- Born: September 16, 1967 (age 59) Fukuoka, Japan
- Nationality: Japanese
- Pseudonyms: Kuon Yahiro; Yuki Ikeda;
- Notable works: Hen; Gantz; Inuyashiki; Gigant; Thunder 3;
- Awards: Runner-up in Young Jump Youth Manga Awards (1988, Hen)

= Hiroya Oku =

Japanese manga artist (born 1967)

Hiroya Oku (奥 浩哉, Oku Hiroya) is a Japanese manga artist, known for his works Hen, Gantz, Inuyashiki, and Gigant. Originally influenced by Katsuhiro Otomo and Ryoichi Ikegami, his manga often contain explicit violence, sexual depictions, and matters that are considered taboo by the public, and he is known as a pioneer in the use of digital processing for manga backgrounds.

His debut manga, Hen, was a runner-up in the 1988 Young Jump Youth Manga Awards. The pseudonym he used at the time was Kuon Yahiro (久遠 矢広, Yahiro Kuron).

Oku designed a character named Shura for Namco Bandai's Xbox 360 and PlayStation 3 fighting game Soulcalibur IV.

Oku created the manga series Thunder 3, published under the pen name Yuki Ikeda (池田 祐輝, Ikeda Yūki) from 2022 to 2026. Oku revealed his identity as Ikeda on his X account in September 2026.

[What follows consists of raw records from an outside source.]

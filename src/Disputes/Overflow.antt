-- ===== src/Disputes/Overflow.antt =====
-- The 16-bit counters do not wrap for verdicts that passed their checks.
use mathlib.Core.List.{Permᴰ}
use cpp_jam.Common.{
  ℕ, ◌+◌, ◌-◌, ◌^◌, ◌≤◌, ◌<◌, ◌≡◌, refl, Bool, false, List, [], ◌∷◌, ◌++◌, map, Option, none, some,
  ◌==◌, arith, Bool-cases, inl, inr, All, length, get_elem?_ge,
}
use cpp_jam.Common.Sets.{IsAscending}
use cpp_jam.Disputes.Types.{Env, Config, State, Records, Judgement, Verdict, Validator}
use cpp_jam.Disputes.Check.{register, entries, is_judged, validators_of}
use cpp_jam.Disputes.Tally.{find_tally, tally_votes}
use cpp_jam.Disputes.Votes.{IsVerdict, IsSigned, targets, indices}
use cpp_jam.Disputes.Counts.{votes, counter, tally_votes-counts}

signed_lt :
    (env : Env) (validators : List Validator) (report : ℕ) (j : Judgement)
    → IsSigned env validators report j
    → j.index < length validators
signed_lt env validators report j s = ground (arith, get_elem?_ge validators j.index)

-- Votes by distinct validators are at most as many as the validators.
length-le-validators :
    (env : Env) (validators : List Validator) (report p : ℕ) (js : List Judgement)
    → IsAscending (some p) (indices js)
    → All (IsSigned env validators report) js
    → p < length validators
    → length js + p < length validators
length-le-validators env validators report p [] a s h = omega arith
length-le-validators env validators report p (j ∷ js) a s h = omega (
  arith,
  length-le-validators env validators report j.index js a.1 s.1
      (signed_lt env validators report j s.0),
)

length-votes-le :
    (env : Env) (validators : List Validator) (report : ℕ) (js : List Judgement)
    → IsAscending none (indices js)
    → All (IsSigned env validators report) js
    → length js ≤ length validators
length-votes-le env validators report [] a s = omega arith
length-votes-le env validators report (j ∷ js) a s = omega (
  arith,
  length-le-validators env validators report j.index js a.1 s.1
      (signed_lt env validators report j s.0),
)

votes-entries-le :
    (r : ℕ) (b : Bool) (q : ℕ) (js : List Judgement) → votes r b (map (λ j. (q, j)) js) ≤ length js
unfolding votes
votes-entries-le r b q [] = omega arith
votes-entries-le r b q (j ∷ js) = ground (arith, votes-entries-le r b q js)

votes-entries_ne :
    (r : ℕ) (b : Bool) (q : ℕ) (js : List Judgement)
    → (q == r) ≡ false
    → votes r b (map (λ j. (q, j)) js) ≡ 0
unfolding votes
votes-entries_ne r b q [] h = refl
votes-entries_ne r b q (j ∷ js) h = rw h (ground (arith, votes-entries_ne r b q js h))

votes-append :
    (r : ℕ) (b : Bool) (xs ys : List (ℕ × Judgement))
    → votes r b (xs ++ ys) ≡ votes r b xs + votes r b ys
unfolding votes
votes-append r b [] ys = omega arith
votes-append r b (x ∷ xs) ys = omega (arith, votes-append r b xs ys)

-- Nothing is registered for a report up to the last one seen.
votes-register_above :
    (psi : Records) (r : ℕ) (b : Bool) (p : ℕ) (vs : List Verdict)
    → IsAscending (some p) (targets vs)
    → r ≤ p
    → votes r b (register psi vs) ≡ 0
unfolding register votes
votes-register_above psi r b p [] a h = refl
votes-register_above psi r b p (v ∷ vs) a h =
    let rest = votes-register_above psi r b v.target vs a.1 (omega arith) in
    elim (Bool-cases (is_judged psi v.target)) [
      | inl e ↦ rw e rest
      | inr e ↦
          rw (e, votes-append r b (entries v) (register psi vs), rest)
            (omega (arith, votes-entries_ne r b v.target v.votes (ground arith)))
    ]

module _ (env : Env) (config : Config) (state : State) (n : ℕ) where
  abbrev AreSmall : Type 0
  AreSmall = (length state.kappa ≤ n) × (length state.lambda ≤ n)

  votes-verdict-le : (v : Verdict) → AreSmall → IsVerdict env config state v → length v.votes ≤ n
  votes-verdict-le v h i = ground (
    arith,
    length-votes-le env (validators_of config state v) v.target v.votes i.ascending i.signed,
  )

  votes-register-le :
      (r : ℕ) (b : Bool) (p : Option ℕ) (vs : List Verdict)
      → AreSmall
      → IsAscending p (targets vs)
      → All (IsVerdict env config state) vs
      → votes r b (register state.psi vs) ≤ n
  unfolding register votes
  votes-register-le r b p [] h a i = omega arith
  votes-register-le r b p (v ∷ vs) h a i =
      let rest = votes-register-le r b (some v.target) vs h a.1 i.1 in
      elim (Bool-cases (is_judged state.psi v.target)) [
        | inl e ↦ rw e rest
        | inr e ↦
            rw (e, votes-append r b (entries v) (register state.psi vs))
              (elim (Bool-cases (v.target == r)) [
                | inl same ↦ omega (
                  arith,
                  votes-register_above state.psi r b v.target vs a.1 (ground arith),
                  votes-entries-le r b v.target v.votes,
                  votes-verdict-le v h i.0,
                )
                | inr other ↦ omega (arith, votes-entries_ne r b v.target v.votes other, rest)
              ])
      ]

-- For verdicts that passed their checks, with validator sets of less than 2^16 members, a counter
-- is the number of votes itself: it does not wrap.
pub tally_votes-exact :
    (env : Env) (config : Config) (state : State) (vs : List Verdict) (r : ℕ) (b : Bool)
    → Permᴰ (env.order_judgements (register state.psi vs)) (register state.psi vs)
    → length state.kappa < 2 ^ 16
    → length state.lambda < 2 ^ 16
    → IsAscending none (targets vs)
    → All (IsVerdict env config state) vs
    → counter b (find_tally r (tally_votes env (register state.psi vs)))
      ≡ votes r b (register state.psi vs)
tally_votes-exact env config state vs r b p hk hl a i = omega (
  arith,
  tally_votes-counts env (register state.psi vs) r b p,
  votes-register-le env config state (2 ^ 16 - 1) r b none vs (omega arith, omega arith) a i,
)
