-- ===== src/Disputes/Tests.antt =====
-- An accepted extrinsic with a bad and a good verdict, and the theorems at it.
use mathlib.Core.List.{Perm, Permᴰ, reverse}
use cpp_jam.Common.{
  ℕ, ◌≡◌, refl, Bool, true, false, ◌||◌, List, [], ◌∷◌, ◌++◌, none, some, ok, err, ◌==◌, ◌↔◌, arith,
  All,
}
use cpp_jam.Common.Sets.{contains, insert, insert_all, IsAscending}
use cpp_jam.Disputes.Types.{
  Assignment, verdicts_not_sorted_unique, Env, Config, State, Extrinsic, Judgement, ed25519_verify,
}
use cpp_jam.Disputes.Transition.{transition, try_transition, settle}
use cpp_jam.Disputes.Check.{
  check_votes, check_verdict, check_verdicts, check_culprit, check_culprits, check_fault,
  check_faults, has_key, register,
}
use cpp_jam.Disputes.Multimap.{multi_insert, count, values_upto, from_upper, groups}
use cpp_jam.Disputes.Tally.{
  count_vote, count_votes, tally_votes, find_tally, recheck_culprits, judge, apply_outcome,
  analyse_verdicts,
}
use cpp_jam.Disputes.Apply.{
  mark_culprits, analyse_culprits, mark_faults, analyse_faults, clear_reports,
}
use cpp_jam.Common.{length, get_elem?}
use cpp_jam.Disputes.Votes.{IsVerdict, targets, check_verdicts_iff}
use cpp_jam.Disputes.Accusations.{
  IsCulprit, register_culprits, register_faults, culprit_keys, fault_keys, check_culprits_iff,
}
use cpp_jam.Disputes.Counts.{votes, counter}
use cpp_jam.Disputes.Overflow.{tally_votes-exact}
use cpp_jam.Disputes.Judged.{IsDecided, insert_wonky, found_wonky, analyse_verdicts_iff}
use cpp_jam.Disputes.Registry.{culprit_targets, fault_targets}
use cpp_jam.Disputes.Accepted.{tallies}
use cpp_jam.Disputes.Effects.{
  transition_report_sets, transition_offenders, transition_reports, transition_accepts_only,
}

program : Unit {0}
unfolding transition try_transition settle check_votes check_verdict check_verdicts check_culprit
    check_culprits check_fault check_faults has_key register multi_insert count groups count_vote
    count_votes tally_votes find_tally recheck_culprits judge apply_outcome analyse_verdicts
    mark_culprits analyse_culprits mark_faults analyse_faults clear_reports ed25519_verify contains
    insert insert_all values_upto from_upper
program = tt

-- Signature 7 verifies, no other; a report's hash is its first byte.
abbrev env : Env
env = record {
  verify = λ sig key message. sig == 7;
  hash = λ report. first report;
  order_judgements = λ reg. reg;
  order_tallies = λ ts. ts;
}
  where
    first : List ℕ → ℕ
    first [] = 0
    first (b ∷ bs) = b

abbrev config : Config
config = record { epoch_length = 12; validators_super_majority = 2 }

abbrev state : State
state = record {
  psi = record { good = []; bad = []; wonky = []; offenders = 9 ∷ [] };
  rho =
      some (record { report = 1 ∷ []; timeout = 5 })
      ∷ none
      ∷ some (record { report = 4 ∷ []; timeout = 5 })
      ∷ [];
  tau = 30;
  kappa = record { ed25519 = 10 } ∷ record { ed25519 = 11 } ∷ record { ed25519 = 12 } ∷ [];
  lambda = record { ed25519 = 20 } ∷ record { ed25519 = 21 } ∷ record { ed25519 = 22 } ∷ [];
}

abbrev votes_of : Bool → List Judgement
votes_of v =
    record { vote = v; index = 0; signature = 7 }
    ∷ record { vote = v; index = 2; signature = 7 }
    ∷ []

abbrev ext : Extrinsic
ext = record {
  verdicts =
      record { target = 1; age = 2; votes = votes_of false }
      ∷ record { target = 3; age = 1; votes = votes_of true }
      ∷ [];
  culprits =
      record { target = 1; key = 10; signature = 7 }
      ∷ record { target = 1; key = 12; signature = 7 }
      ∷ [];
  faults = record { target = 3; vote = false; key = 11; signature = 7 } ∷ [];
}

abbrev state' : State
state' = record state {
  psi = record { good = 3 ∷ []; bad = 1 ∷ []; wonky = []; offenders = 9 ∷ 10 ∷ 11 ∷ 12 ∷ [] };
  rho = none ∷ none ∷ some (record { report = 4 ∷ []; timeout = 5 }) ∷ [];
}

abbrev mark : List ℕ
mark = 10 ∷ 12 ∷ 11 ∷ []

accepted : transition env config state ext ≡ (state', ok mark)
unfolding program
accepted = refl

rearranged {ℓ} : {A : Type ℓ} (xs : List A) → Permᴰ xs xs
rearranged [] = Permᴰ.nil
rearranged (x ∷ xs) = Permᴰ.cons refl (rearranged xs)

transition_report_sets_example :
    (contains state'.psi.bad 1
      ≡ (contains (culprit_targets ext.culprits) 1 || contains state.psi.bad 1))
    × (contains state'.psi.good 1
        ≡ (contains (fault_targets ext.faults) 1 || contains state.psi.good 1))
    × (contains state'.psi.wonky 1 ≡ (
        found_wonky config 1 (env.order_tallies (tallies env state ext))
        || contains state.psi.wonky 1))
transition_report_sets_example = transition_report_sets env config state ext state' mark 1 accepted

transition_offenders_example :
    Perm mark (culprit_keys ext.culprits ++ fault_keys ext.faults)
    × ((k : ℕ)
        → contains state'.psi.offenders k ≡ (contains mark k || contains state.psi.offenders k))
transition_offenders_example = transition_offenders env config state ext state' mark accepted

transition_reports_example :
    ((i : ℕ) (x : Assignment)
      → (get_elem? state'.rho i ≡ some (some x)) ↔ (
          (get_elem? state.rho i ≡ some (some x))
          × (contains state'.psi.bad (env.hash x.report) ≡ false)
          × (contains state'.psi.wonky (env.hash x.report) ≡ false)))
    × (length state'.rho ≡ length state.rho)
transition_reports_example = transition_reports env config state ext state' mark accepted

transition_accepts_only_example :
    (state'.tau ≡ state.tau)
    × (state'.kappa ≡ state.kappa)
    × (state'.lambda ≡ state.lambda)
    × IsAscending none (culprit_keys ext.culprits)
    × IsAscending none (fault_keys ext.faults)
    × All (λ f. f.vote ≡ false) ext.faults
transition_accepts_only_example = transition_accepts_only env config state ext state' mark accepted

-- The verdicts are refused in the wrong order.
abbrev unsorted : Extrinsic
unsorted = record ext {
  verdicts =
      record { target = 3; age = 2; votes = votes_of true }
      ∷ record { target = 1; age = 2; votes = votes_of false }
      ∷ [];
}

refused : transition env config state unsorted ≡ (state, err verdicts_not_sorted_unique)
unfolding program
refused = refl

check_culprits_iff_example :
    (check_culprits env state none [] ext.culprits ≡ ok (register_culprits [] ext.culprits)) ↔ (
      IsAscending none (culprit_keys ext.culprits)
      × All (IsCulprit env state) ext.culprits
      × (register_culprits [] ext.culprits ≡ register_culprits [] ext.culprits))
check_culprits_iff_example =
    check_culprits_iff env state (register_culprits [] ext.culprits) ext.culprits

-- Votes on two reports, walked in the reverse order.
abbrev two_votes : List (ℕ × Judgement)
two_votes =
    (1, record { vote = false; index = 0; signature = 7 })
    ∷ (3, record { vote = true; index = 2; signature = 7 })
    ∷ []

abbrev reversing : Env
reversing = record env { order_judgements = reverse }

valid_verdicts :
    IsAscending none (targets ext.verdicts) × All (IsVerdict env config state) ext.verdicts
unfolding program
valid_verdicts =
    let v =
      (check_verdicts_iff env config state (register state.psi ext.verdicts) ext.verdicts).0 refl in
    (v.0, v.1)

tally_votes-exact_example :
    counter true (find_tally 3 (tally_votes env (register state.psi ext.verdicts)))
    ≡ votes 3 true (register state.psi ext.verdicts)
tally_votes-exact_example =
    tally_votes-exact env config state ext.verdicts 3 true
      (rearranged (register state.psi ext.verdicts)) (omega arith) (omega arith) valid_verdicts.0
      valid_verdicts.1

analyse_verdicts_iff_example :
    (analyse_verdicts config
        (register_culprits [] ext.culprits)
        (register_faults [] ext.faults)
        []
        (tallies env state ext)
      ≡ ok (insert_wonky config [] (tallies env state ext)))
    ↔ (All
          (IsDecided config (register_culprits [] ext.culprits) (register_faults [] ext.faults))
          (tallies env state ext)
        × (insert_wonky config [] (tallies env state ext)
            ≡ insert_wonky config [] (tallies env state ext)))
analyse_verdicts_iff_example =
    analyse_verdicts_iff config (register_culprits [] ext.culprits) (register_faults [] ext.faults)
      [] (insert_wonky config [] (tallies env state ext)) (tallies env state ext)

abbrev mixed : List (ℕ × ℕ)
mixed = (2, 7) ∷ (2, 8) ∷ (5, 9) ∷ []

-- A report with one vote for it and one against is wonky; with a culprit it becomes bad as well.
abbrev split : Extrinsic
split = record {
  verdicts =
      record {
        target = 1;
        age = 2;
        votes =
            record { vote = true; index = 0; signature = 7 }
            ∷ record { vote = false; index = 2; signature = 7 }
            ∷ [];
      }
      ∷ [];
  culprits = record { target = 1; key = 10; signature = 7 } ∷ [];
  faults = [];
}

bad_and_wonky :
    (contains (transition env config state split).0.psi.bad 1 ≡ true)
    × (contains (transition env config state split).0.psi.wonky 1 ≡ true)
unfolding program
bad_and_wonky = (refl, refl)

-- A fault alone, on a report that no verdict names, makes the report good.
abbrev orphan : Extrinsic
orphan = record {
  verdicts = [];
  culprits = [];
  faults = record { target = 6; vote = false; key = 11; signature = 7 } ∷ [];
}

orphan_is_good : contains (transition env config state orphan).0.psi.good 6 ≡ true
unfolding program
orphan_is_good = refl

In an August 2026 interview, Oku stated that he would retire after finishing his latest manga series The Sweet Sixty Princess.

== Works ==
- (変, Hen) (1989–1994): published in Shueisha's Weekly Young Jump and collected in 13 tankōbon volumes.
- Hen (1995–1997): published in Shueisha's Weekly Young Jump and collected in eight tankōbon volumes.
- Zero One (1999–2000): published in Shueisha's Weekly Young Jump and collected in three tankōbon volumes.
- Gantz (2000–2013): published in Shueisha's Weekly Young Jump and collected in 37 tankōbon volumes.
- Maetel no Kimochi (め～てるの気持ち) (2006–2007): published in Shueisha's Weekly Young Jump and collected in three tankōbon volumes.
- (いぬやしき, Inuyashiki) (2014–2017): published in Kodansha's Evening and collected in ten tankōbon volumes.
- Gantz:G (2015–2017): written by Oku (first volume) and Tomohito Ohsaki (volumes 2 and 3) and illustrated by Keita Iizuka. Published in Shueisha's Miracle Jump and Shōnen Jump+ (final chapter only) and collected in three tankōbon volumes.
- Gigant (2017–2021): published in Shogakukan's Big Comic Superior and collected in ten tankōbon volumes.
- Gantz:E (2020–present): illustrated by Jin Kagetsu. Published in Shueisha's Weekly Young Jump (2020–2023) and YanJan! (since 2024) and collected in nine tankōbon volumes (as of February 2026).
- Thunder 3 (2022–2026): published as "Yuki Ikeda" in Kodansha's Monthly Shōnen Magazine and collected in ten tankōbon volumes.
- The Sweet Sixty Princess (還暦姫, Kanreki Hime) (2025–present): published in Shogakukan's Big Comic Superior and collected in one tankōbon volume (as of May 2026).